The employee said the port-a-potties were on the schedule to be cleaned every Monday, Wednesday and Friday and that after an airport official contacted a Cortez field supervisor, the entire units were switched out.

An airport spokesman released the following statement late last week:

*Thank you for bringing this issue to our attention. The condition of the port-a-lets was unacceptable and we acted immediately to correct the issue and hold the vendor accountable for meeting their contractual obligations.

Per the terms of the contract, Cortez Liquid Waste is required to ensure all units are clean, in good mechanical condition and must be serviced thoroughly, at least twice, and up to four times per week. It does not appear that level of service was occurring. We were unwilling to accept the cleanliness of the facilities and had Cortez replace all six of the port-a-lets. They delivered six replacement port-a-lets late Tuesday afternoon.

The minimal effort of restocking supplies and replacing chemical treatments does not fulfill the parameters of the contract - and we will continue to enforce our expectations of the overall cleanliness of the port-a-lets and their compliance with the full extent of the contract.

We have also directed that they increase the daily services and cleaning of the port-a-lets to four times per week, and we will determine if additional servicing is required. We will also look at adding additional port-a-lets, based on the usage by ride-share drivers.

Because Cortez was not living up to the standards and expectations of the contract, we did not pay any additional fees or incur any additional charges to replace the port-a-lets.

Lastly, we are placing signs in the area with a contact number to the appropriate airport personnel, if patrons have issues with the facilities, they can contact us directly so we can immediately address their concerns. The Airport had not received any complaints within the past 18 months prior to you bringing this to our attention.

Again - thank you for bringing this to our attention. Providing a safe, secure and sanitary environment for our ride-share partners is important to us.*

~ You can see the nastiness of the toilets if you visit the website through the link, it's pretty gross.

I have to say I have never visited the porta-potty at this airport because all porta-potties are inherently gross but, I have been in the lot on cleaning day, the stench is enough to gag a maggot. Michael does have a valid point about the toilets at the ABIA lot, they are much nicer. Anything is nicer than these.


----------



## Uberchampion (Oct 17, 2015)

As an american uber driver there is a 50/50 chance you have been in jail so I apologize if you are providing a first hand comparison. 

Based on anecdotal information I have gathered from various rap songs. Jail kinda sucks.


----------



## 1.5xorbust (Nov 22, 2017)

It might be motivation for drivers to look elsewhere for trips. Nah probably not.


----------



## Cold Fusion (Aug 28, 2019)

Uberchampion said:


> As an american uber driver there is a 50/50 chance you have been in jail so I apologize if you are providing a first hand comparison.
> Based on anecdotal information I have gathered from various rap songs. Jail kinda sucks.

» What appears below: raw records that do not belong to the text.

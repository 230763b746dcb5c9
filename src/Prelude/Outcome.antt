-- ===== src/Prelude/Outcome.antt =====
-- Go's `(value, error)` results. Of an error the model keeps what `errors.Is` and the handlers
-- tell apart; the text of the message is left out.
use mathlib.Core.Path.{◌≡◌, refl}
use mathlib.Core.Bool.{Bool, true, false}
use mathlib.Core.Logic.{◌⊎◌, inl, inr}
use native.Mathlib.Omega.{arith}
use mathlib.Core.List.{List, [], ◌∷◌}
use router_docker.Prelude.Lists.{All}

pub data Error : Type 0 where
  -- every `ErrValidation`, and the plain validation errors of the Caddy packages
  validation : Error
  invalid_action : Error
  already_exists not_found : Error
  -- `ErrInvalidMode` of internal/tailscale and `ErrInvalidResolverMode` of internal/dns
  invalid_mode : Error
  -- `ErrTargetExists` and `ErrTargetNotFound` of internal/vnc
  target_exists target_not_found : Error
  -- those of internal/dns
  builtin_immutable empty_domain invalid_domain invalid_query_type : Error
  -- a failing system call, or a file that does not decode
  io : Error
  -- `caddy adapt` refused the tree, or `ErrReloadFailed`
  invalid_caddyfile reload_failed : Error
  -- those of internal/authgate
  no_store_path already_configured not_configured env_pinned wrong_password : Error
  bad_setup_token rate_limit busy invalid_hash incompatible_version : Error

pub data Result {ℓ} (A : Type ℓ) : Type ℓ where
  ok : A → Result A
  err : Error → Result A

-- `if !b { return e }`
abbrev pub guard : Bool → Error → Result (Unit {0})
guard false problem = err problem
guard true problem = ok tt

-- `x, err := first; if err != nil { return err }`, and the rest of the function
abbrev pub ◌>>=◌ {ℓ κ} : {X : Type ℓ} {Y : Type κ} → Result X → (X → Result Y) → Result Y
◌>>=◌ (err problem) next = err problem
◌>>=◌ (ok x) next = next x

abbrev pub ◌>>◌ {κ} : {Y : Type κ} → Result (Unit {0}) → Result Y → Result Y
◌>>◌ first next = ◌>>=◌ first (λ _. next)

infixl 5 ◌>>=◌ ◌>>◌
-- `for _, x := range xs { if err := f(x); err != nil { return err } }`
abbrev pub for_each {ℓ} : {A : Type ℓ} → (A → Result (Unit {0})) → List A → Result (Unit {0})
for_each f [] = ok tt
for_each f (x ∷ xs) = elim (f x) [ ok _ ↦ for_each f xs | err e ↦ err e ]

pub >>=-eq-ok {ℓ κ} :
    {X : Type ℓ} {Y : Type κ} (first : Result X) (next : X → Result Y) {y : Y}
    → (first >>= next) ≡ ok y
    → (x : X) × (first ≡ ok x) × (next x ≡ ok y)
>>=-eq-ok (err problem) next h = cc
>>=-eq-ok (ok x) next h = (x, refl, h)

pub >>-eq-ok {ℓ} :
    {B : Type ℓ} (m : Result (Unit {0})) (k : Result B) {b : B}
    → (m >> k) ≡ ok b
    → (m ≡ ok tt) × (k ≡ ok b)
>>-eq-ok (ok tt) k h = (refl, h)
>>-eq-ok (err e) k h = cc

pub guard-eq-ok : (b : Bool) (e : Error) → guard b e ≡ ok tt → b ≡ true
guard-eq-ok true e h = refl
guard-eq-ok false e h = cc

-- a guard before a result
pub guarded-eq-ok {ℓ} :
    {A : Type ℓ} (b : Bool) (e : Error) (x : A) {y : A}
    → (guard b e >> ok x) ≡ ok y
    → (b ≡ true) × (x ≡ y)
guarded-eq-ok true e x h = (refl, cc)
guarded-eq-ok false e x h = cc

pub for_each-cons {ℓ} :
    {A : Type ℓ} (f : A → Result (Unit {0})) (x : A) (xs : List A)
    → for_each f (x ∷ xs) ≡ ok tt
    → (f x ≡ ok tt) × (for_each f xs ≡ ok tt)
for_each-cons f x xs h = ground arith

pub for_each-All {ℓ} :
    {A : Type ℓ} (f : A → Result (Unit {0})) (xs : List A)
    → for_each f xs ≡ ok tt
    → All (λ x. f x ≡ ok tt) xs
for_each-All f [] h = tt
for_each-All f (x ∷ xs) h =
    let (first, rest) = for_each-cons f x xs h in (first, for_each-All f xs rest)

pub Result-cases : (r : Result (Unit {0})) → (r ≡ ok tt) ⊎ ((x : Error) × (r ≡ err x))
Result-cases (ok tt) = inl refl
Result-cases (err x) = inr (x, refl)

-- A check that answers with a validation error, or not at all.
abbrev pub IsPlain : Result (Unit {0}) → Type 0
IsPlain r = (x : Error) → r ≡ err x → x ≡ validation

pub guard-IsPlain : (b : Bool) → IsPlain (guard b validation)
guard-IsPlain true x h = cc
guard-IsPlain false x h = ground arith

pub then-IsPlain : (m k : Result (Unit {0})) → IsPlain m → IsPlain k → IsPlain (m >> k)
then-IsPlain (ok tt) k hm hk x h = hk x h
then-IsPlain (err y) k hm hk x h = hm x h

pub for_each-IsPlain {ℓ} :
    {A : Type ℓ} (f : A → Result (Unit {0})) (xs : List A)
    → ((a : A) → IsPlain (f a))
    → IsPlain (for_each f xs)
for_each-IsPlain f [] h x e = cc
for_each-IsPlain f (a ∷ xs) h x e = ground (arith, h a x, for_each-IsPlain f xs h x)

-- Such a check does not answer with another error.
pub IsPlain-not_reload : (r : Result (Unit {0})) → IsPlain r → ¬ (r ≡ err reload_failed)
IsPlain-not_reload r h e = ground (arith, h reload_failed e)

pub Result-split {ℓ} :
    {A : Type ℓ} (r : Result A) → ((a : A) × (r ≡ ok a)) ⊎ ((x : Error) × (r ≡ err x))
Result-split (ok a) = inl (a, refl)
Result-split (err x) = inr (x, refl)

Seriously, which one Isn't an Uber driver ?


----------



## Jon Stoppable (Dec 11, 2019)

Really? Someone put a gun to their heads and forced them to wait in the queue *and* not make a stop elsewhere on the way back to the queue?

That said, there are proper indoor facilities at my airport, and about the only time I go in the queue is to use them :biggrin:


----------



## MiamiKid (May 24, 2016)

MHR said:


> *Rideshare drivers expose deplorable condition of portable toilets at San Antonio International Airport
> 
> City calls situation 'unacceptable,' shifts blame to vendor in charge of maintaining toilets*
> 
> ...


In 4 1/2 years driving rideshare, have yet to be forced, even once, to use an unsanitary toilet.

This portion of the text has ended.